当院は豊前豊後の守護職大友能直(よしなお)公(1172-1223)が当院に帰依し師檀の契りをなして以来、その十六代の孫、戸次鑑連(べっき あきつら)公(1513-1585、筑前立花山城主、立花道雪入道)も当院に傾信が深かった。

特にその婿養子、立花統虎(むねとら)公(1567-1642、のち宗茂と改名、高橋紹運公の嫡男)は、天正年間、高野山に御登山になり、当院の宣雄阿闍梨に帰依した。文禄 元年(1592)には道雪・紹運両公の霊牌と宝塔を建立して師檀の契りを結んだ。


(柳川市・「御花」廊下の金桃。宗茂の側近の兜)

この宗茂公は武将として剛勇の士であり、豊臣秀吉公は『忠義も武勇も九州随一』『天下無双の大将』と宗茂公を讃えたと言われました。」(引用終わり)


このような経緯により、多聞院は


大檀主立花宗茂の法号「大圓院殿松隠宗茂大居士」から大圓院という寺名に改めました。


「柳川城主前飛弾太守従四位源宗茂公」
「奉為大圓院殿松隠宗茂大居士成三菩提也」
「嗣子左近将監従四位下源忠茂朝臣 建立」(忠茂は宗茂の養子・二代目柳川藩主)




江戸時代まで奥の院近くの蓮華谷にありましたが、明治21年の大火後、小田原谷の現在地に移転しました。

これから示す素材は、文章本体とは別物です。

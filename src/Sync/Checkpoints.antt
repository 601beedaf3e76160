-- ===== src/Sync/Checkpoints.antt =====
-- The two ways in which the indexer moves a checkpoint past a response: `increasing_checkpoint`
-- (src/indexer/sync.rs) and `calculate_next_checkpoint` (src/indexer/pull.rs).
use manta_indexer.Prelude.{
  ℕ, ◌≡◌, ◌≢◌, refl, sym, ap, ◌∙◌, List, [], ◌∷◌, length, set, get_or, get_or-set_ne, All,
}
use manta_indexer.Words.{add64}
use manta_indexer.Types.{Checkpoint, ReceiverIndexArray}
use manta_indexer.Pull.{advance_receivers, calculate_next_checkpoint}
use manta_indexer.Sync.{increase_receivers, increasing_checkpoint}

-- The entries of a map: no key twice.
abbrev pub DistinctKeys {ℓ} : {A : Type ℓ} → List (ℕ × A) → Type ℓ
DistinctKeys [] = Unit
DistinctKeys ((k, a) ∷ entries) = All (λ q. q.0 ≢ k) entries × DistinctKeys entries

module _ {A : Type 0} where
  abbrev Agree : ReceiverIndexArray → ReceiverIndexArray → List (ℕ × List A) → Type 0
  Agree previous next = All (λ q. get_or previous q.0 0 ≡ get_or next q.0 0)

  still-Agree :
      (k v : ℕ) (previous next : ReceiverIndexArray) (shards : List (ℕ × List A))
      → All (λ q. q.0 ≢ k) shards
      → Agree previous next shards
      → Agree previous (set next k v) shards
  still-Agree k v previous next [] other agree = tt
  still-Agree k v previous next ((j, xs) ∷ shards) other agree = (
    agree.0 ∙ sym (get_or-set_ne next k j v 0 (λ q. other.0 (sym q))),
    still-Agree k v previous next shards other.1 agree.1,
  )

  advance-increase :
      (shards : List (ℕ × List A)) (previous next : ReceiverIndexArray)
      → DistinctKeys shards
      → Agree previous next shards
      → advance_receivers shards previous next ≡ increase_receivers shards next
  unfolding advance_receivers increase_receivers
  advance-increase [] previous next distinct agree = refl
  advance-increase ((k, xs) ∷ shards) previous next distinct agree =
      advance-increase shards previous _ distinct.1
        (still-Agree k _ previous next shards distinct.0 agree.1)
      ∙ ap (λ n. increase_receivers shards (set next k (add64 n (length xs)))) agree.0

  Agree-refl :
      (indices : ReceiverIndexArray) (shards : List (ℕ × List A)) → Agree indices indices shards
  Agree-refl indices [] = tt
  Agree-refl indices (q ∷ shards) = (refl, Agree-refl indices shards)

  -- For the entries of a map, in any order of iteration, and a next checkpoint that starts out as the
  -- previous one, `calculate_next_checkpoint` gives what `increasing_checkpoint` gives.
  pub calculate_next_checkpoint-increasing :
      (shards : List (ℕ × List A)) (checkpoint : Checkpoint) (senders : ℕ)
      → DistinctKeys shards
      → calculate_next_checkpoint shards checkpoint checkpoint senders
        ≡ increasing_checkpoint checkpoint senders shards
  unfolding calculate_next_checkpoint increasing_checkpoint
  calculate_next_checkpoint-increasing shards checkpoint senders distinct =
      ap
        (λ indices. record {
          sender_index = add64 checkpoint.sender_index senders;
          receiver_index = indices;
        })
        (advance-increase shards checkpoint.receiver_index checkpoint.receiver_index distinct
          (Agree-refl checkpoint.receiver_index shards))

(クリックで拡大)現在は左端にありますが、移転前は奥の院の一の橋付近にありました。


とても重厚な造りで。


うっとりです。


寺紋は、立花さんちと同じ祇園守紋。鼻血です。




奥の院の大圓院墓地には、立花宗茂の他に


石田三成や


山内一豊の墓所があります。


いつも応援いただきありがとうございます。何とも切ない横笛ちゃんのお話です。女人禁制の高野山でもウグイスならいいのですねー。・・・それにしても暑い。梅の咲いていた頃の気温なんて、もう忘れてしまいましたわ。35度なら涼しいっと思える酷暑。皆様、お体にはお気をつけて。あちー。